# INSTRUCTIONS FOR THE TASK
Across all the entries below, count each line that holds "Pairwise" and report the figure only.

[[ SUPPLIED ENTRIES open ]]

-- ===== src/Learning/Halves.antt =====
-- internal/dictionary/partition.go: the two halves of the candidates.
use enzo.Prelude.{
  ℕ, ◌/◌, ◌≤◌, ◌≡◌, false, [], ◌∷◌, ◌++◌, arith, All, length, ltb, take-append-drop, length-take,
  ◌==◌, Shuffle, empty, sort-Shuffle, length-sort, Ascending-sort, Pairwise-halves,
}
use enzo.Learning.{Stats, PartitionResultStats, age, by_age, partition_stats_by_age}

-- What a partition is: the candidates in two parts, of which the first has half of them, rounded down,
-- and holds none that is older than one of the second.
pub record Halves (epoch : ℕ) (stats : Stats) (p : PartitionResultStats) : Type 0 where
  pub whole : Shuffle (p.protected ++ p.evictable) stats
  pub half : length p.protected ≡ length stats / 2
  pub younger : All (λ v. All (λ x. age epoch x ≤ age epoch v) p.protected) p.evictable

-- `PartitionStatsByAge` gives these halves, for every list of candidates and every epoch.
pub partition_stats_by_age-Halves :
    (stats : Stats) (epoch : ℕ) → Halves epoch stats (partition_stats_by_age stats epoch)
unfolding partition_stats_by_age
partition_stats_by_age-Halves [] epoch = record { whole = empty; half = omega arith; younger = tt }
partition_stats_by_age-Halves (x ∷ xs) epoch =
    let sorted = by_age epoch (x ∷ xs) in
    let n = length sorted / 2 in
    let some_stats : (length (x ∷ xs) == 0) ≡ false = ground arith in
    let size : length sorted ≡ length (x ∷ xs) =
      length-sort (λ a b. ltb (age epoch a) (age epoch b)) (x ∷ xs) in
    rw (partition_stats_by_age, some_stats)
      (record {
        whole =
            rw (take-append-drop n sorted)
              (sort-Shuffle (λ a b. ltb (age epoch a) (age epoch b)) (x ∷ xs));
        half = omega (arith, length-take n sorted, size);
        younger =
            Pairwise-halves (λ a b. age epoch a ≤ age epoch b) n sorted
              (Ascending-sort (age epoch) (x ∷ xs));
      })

[[ SUPPLIED ENTRIES closed ]]

# TASK SOLUTION
2